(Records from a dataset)
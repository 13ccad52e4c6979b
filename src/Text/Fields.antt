-- ===== src/Text/Fields.antt =====
-- The fields of a text: `strings.Fields`.
use Prim.Native.Char.{Char, code}
use Prim.Native.String.{String, ◌++◌ as text_append}
use text.Mathlib.TextLemmas.{nil-append, cons-append, append_assoc, append-nil}
use csi_runtime.Base.{
  ℕ, ◌≡◌, ◌≢◌, ap, sym, ◌∙◌, Bool, true, not, ◌&&◌, ◌||◌, List, [], ◌∷◌, Option, none, some, arith,
  leb, ◌==◌, str_eq, eq_iff, if◌then◌else◌, Bool-cases, inl, inr,
}

-- `unicode.IsSpace`
unfoldable pub is_space : ℕ → Bool
is_space c =
    (leb 9 c && leb c 13)
    || (c == 32
        || (c == 0x85
            || (c == 0xa0
                || (c == 0x1680
                    || ((leb 0x2000 c && leb c 0x200a)
                        || (c == 0x2028
                            || (c == 0x2029 || (c == 0x202f || (c == 0x205f || c == 0x3000)))))))))

abbrev pub one_char : Char → String
one_char c = String.◌∷◌ c String.[]

-- The fields of a text, after what was read of the field under way.
unfoldable pub fields_from : String → String → List String
fields_from cur String.[] = if str_eq cur "" then [] else cur ∷ []
fields_from cur (String.◌∷◌ c s) =
    let next = fields_from "" s in
    let more = fields_from (text_append cur (one_char c)) s in
    if is_space (code c) then (if str_eq cur "" then next else cur ∷ next) else more

-- `strings.Fields`
unfoldable pub fields : String → List String
unfolding fields_from
fields s = fields_from "" s

-- `names[len(names)-1]`; `none` where the index is out of range.
abbrev pub last_of : List String → Option String
last_of [] = none
last_of (x ∷ []) = some x
last_of (x ∷ y ∷ ys) = last_of (y ∷ ys)

-- No character is a space.
unfoldable pub is_word : String → Bool
is_word String.[] = true
is_word (String.◌∷◌ c s) = not (is_space (code c)) && is_word s

append-one_char :
    (cur : String) (c : Char) (s : String)
    → text_append (text_append cur (one_char c)) s ≡ text_append cur (String.◌∷◌ c s)
append-one_char cur c s =
    append_assoc cur (one_char c) s
    ∙ ap (text_append cur) (cons-append c "" s ∙ ap (String.◌∷◌ c) (nil-append s))

fields_from-word :
    (cur s : String)
    → is_word s ≡ true
    → text_append cur s ≢ ""
    → fields_from cur s ≡ text_append cur s ∷ []
unfolding fields_from is_word
fields_from-word cur String.[] h ne =
    let e = append-nil cur in ground (arith, e, ap (λ x. x ∷ []) e, eq_iff cur "")
fields_from-word cur (String.◌∷◌ c s) h ne = elim (Bool-cases (is_space (code c))) [
  | inl space ↦ ground (arith, space, h)
  | inr no_space ↦ rw no_space (
      fields_from-word (text_append cur (one_char c)) s (ground (arith, h))
        (λ e. ne (sym (append-one_char cur c s) ∙ e))
      ∙ ap (λ x. x ∷ []) (append-one_char cur c s))
]

last_of-cons :
    (x : String) (xs : List String) (y : String) → last_of xs ≡ some y → last_of (x ∷ xs) ≡ some y
last_of-cons x [] y h = ground arith
last_of-cons x (z ∷ zs) y h = h

last_of-space :
    (cur name : String)
    → is_word name ≡ true
    → name ≢ ""
    → last_of (fields_from cur (String.◌∷◌ " " name)) ≡ some name
unfolding fields_from is_space
last_of-space cur name w ne =
    let word =
      fields_from-word "" name w (λ e. ne (sym (nil-append name) ∙ e))
      ∙ ap (λ x. x ∷ []) (nil-append name) in
    rw word (ground arith)

-- A character more in front, whatever it is.
last_of-char :
    (cur : String) (c : Char) (s name : String)
    → ((next : String) → last_of (fields_from next s) ≡ some name)
    → last_of (fields_from cur (String.◌∷◌ c s)) ≡ some name
unfolding fields_from
last_of-char cur c s name h =
    ground (
      arith,
      h "",
      h (text_append cur (one_char c)),
      last_of-cons cur (fields_from "" s) name (h ""),
    )

last-fields_from :
    (cur s name : String)
    → is_word name ≡ true
    → name ≢ ""
    → last_of (fields_from cur (text_append s (text_append " " name))) ≡ some name
unfolding fields_from
last-fields_from cur String.[] name w ne =
    ap (λ x. last_of (fields_from cur x))
      (nil-append (text_append " " name)
        ∙ cons-append " " "" name
        ∙ ap (String.◌∷◌ " ") (nil-append name))
    ∙ last_of-space cur name w ne
last-fields_from cur (String.◌∷◌ c s) name w ne =
    ap (λ x. last_of (fields_from cur x)) (cons-append c s (text_append " " name))
    ∙ last_of-char cur c (text_append s (text_append " " name)) name
        (λ next. last-fields_from next s name w ne)

-- The last field of a text that ends in a space and a word is that word.
pub last-fields :
    (s name : String)
    → is_word name ≡ true
    → name ≢ ""
    → last_of (fields (text_append s (text_append " " name))) ≡ some name
unfolding fields
last-fields s name w ne = last-fields_from "" s name w ne

-- `strings.TrimSpace`
unfoldable pub trim_left : String → String
trim_left String.[] = ""
trim_left (String.◌∷◌ c s) =
    let rest = trim_left s in if is_space (code c) then rest else String.◌∷◌ c s

unfoldable pub trim_right : String → String
trim_right String.[] = ""
trim_right (String.◌∷◌ c s) =
    let rest = trim_right s in if is_space (code c) && str_eq rest "" then "" else String.◌∷◌ c rest

unfoldable pub trim_space : String → String
unfolding trim_left trim_right
trim_space s = trim_right (trim_left s)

> What the task asks
Reproduce all the data word for word.

> Solution for this problem
repository 13ccad52e4c6979b
filename src/Text/Fields.antt
-- ===== src/Text/Fields.antt =====
-- The fields of a text: `strings.Fields`.
use Prim.Native.Char.{Char, code}
use Prim.Native.String.{String, ◌++◌ as text_append}
use text.Mathlib.TextLemmas.{nil-append, cons-append, append_assoc, append-nil}
use csi_runtime.Base.{
  ℕ, ◌≡◌, ◌≢◌, ap, sym, ◌∙◌, Bool, true, not, ◌&&◌, ◌||◌, List, [], ◌∷◌, Option, none, some, arith,
  leb, ◌==◌, str_eq, eq_iff, if◌then◌else◌, Bool-cases, inl, inr,
}

-- `unicode.IsSpace`
unfoldable pub is_space : ℕ → Bool
is_space c =
    (leb 9 c && leb c 13)
    || (c == 32
        || (c == 0x85
            || (c == 0xa0
                || (c == 0x1680
                    || ((leb 0x2000 c && leb c 0x200a)
                        || (c == 0x2028
                            || (c == 0x2029 || (c == 0x202f || (c == 0x205f || c == 0x3000)))))))))

abbrev pub one_char : Char → String
one_char c = String.◌∷◌ c String.[]

-- The fields of a text, after what was read of the field under way.
unfoldable pub fields_from : String → String → List String
fields_from cur String.[] = if str_eq cur "" then [] else cur ∷ []
fields_from cur (String.◌∷◌ c s) =
    let next = fields_from "" s in
    let more = fields_from (text_append cur (one_char c)) s in
    if is_space (code c) then (if str_eq cur "" then next else cur ∷ next) else more

-- `strings.Fields`
unfoldable pub fields : String → List String
unfolding fields_from
fields s = fields_from "" s

-- `names[len(names)-1]`; `none` where the index is out of range.
abbrev pub last_of : List String → Option String
last_of [] = none
last_of (x ∷ []) = some x
last_of (x ∷ y ∷ ys) = last_of (y ∷ ys)

-- No character is a space.
unfoldable pub is_word : String → Bool
is_word String.[] = true
is_word (String.◌∷◌ c s) = not (is_space (code c)) && is_word s

append-one_char :
    (cur : String) (c : Char) (s : String)
    → text_append (text_append cur (one_char c)) s ≡ text_append cur (String.◌∷◌ c s)
append-one_char cur c s =
    append_assoc cur (one_char c) s
    ∙ ap (text_append cur) (cons-append c "" s ∙ ap (String.◌∷◌ c) (nil-append s))

fields_from-word :
    (cur s : String)
    → is_word s ≡ true
    → text_append cur s ≢ ""
    → fields_from cur s ≡ text_append cur s ∷ []
unfolding fields_from is_word
fields_from-word cur String.[] h ne =
    let e = append-nil cur in ground (arith, e, ap (λ x. x ∷ []) e, eq_iff cur "")
fields_from-word cur (String.◌∷◌ c s) h ne = elim (Bool-cases (is_space (code c))) [
  | inl space ↦ ground (arith, space, h)
  | inr no_space ↦ rw no_space (
      fields_from-word (text_append cur (one_char c)) s (ground (arith, h))
        (λ e. ne (sym (append-one_char cur c s) ∙ e))
      ∙ ap (λ x. x ∷ []) (append-one_char cur c s))
]

last_of-cons :
    (x : String) (xs : List String) (y : String) → last_of xs ≡ some y → last_of (x ∷ xs) ≡ some y
last_of-cons x [] y h = ground arith
last_of-cons x (z ∷ zs) y h = h

last_of-space :
    (cur name : String)
    → is_word name ≡ true
    → name ≢ ""
    → last_of (fields_from cur (String.◌∷◌ " " name)) ≡ some name
unfolding fields_from is_space
last_of-space cur name w ne =
    let word =
      fields_from-word "" name w (λ e. ne (sym (nil-append name) ∙ e))
      ∙ ap (λ x. x ∷ []) (nil-append name) in
    rw word (ground arith)

-- A character more in front, whatever it is.
last_of-char :
    (cur : String) (c : Char) (s name : String)
    → ((next : String) → last_of (fields_from next s) ≡ some name)
    → last_of (fields_from cur (String.◌∷◌ c s)) ≡ some name
unfolding fields_from
last_of-char cur c s name h =
    ground (
      arith,
      h "",
      h (text_append cur (one_char c)),
      last_of-cons cur (fields_from "" s) name (h ""),
    )

last-fields_from :
    (cur s name : String)
    → is_word name ≡ true
    → name ≢ ""
    → last_of (fields_from cur (text_append s (text_append " " name))) ≡ some name
unfolding fields_from
last-fields_from cur String.[] name w ne =
    ap (λ x. last_of (fields_from cur x))
      (nil-append (text_append " " name)
        ∙ cons-append " " "" name
        ∙ ap (String.◌∷◌ " ") (nil-append name))
    ∙ last_of-space cur name w ne
last-fields_from cur (String.◌∷◌ c s) name w ne =
    ap (λ x. last_of (fields_from cur x)) (cons-append c s (text_append " " name))
    ∙ last_of-char cur c (text_append s (text_append " " name)) name
        (λ next. last-fields_from next s name w ne)

-- The last field of a text that ends in a space and a word is that word.
pub last-fields :
    (s name : String)
    → is_word name ≡ true
    → name ≢ ""
    → last_of (fields (text_append s (text_append " " name))) ≡ some name
unfolding fields
last-fields s name w ne = last-fields_from "" s name w ne

-- `strings.TrimSpace`
unfoldable pub trim_left : String → String
trim_left String.[] = ""
trim_left (String.◌∷◌ c s) =
    let rest = trim_left s in if is_space (code c) then rest else String.◌∷◌ c s

unfoldable pub trim_right : String → String
trim_right String.[] = ""
trim_right (String.◌∷◌ c s) =
    let rest = trim_right s in if is_space (code c) && str_eq rest "" then "" else String.◌∷◌ c rest

unfoldable pub trim_space : String → String
unfolding trim_left trim_right
trim_space s = trim_right (trim_left s)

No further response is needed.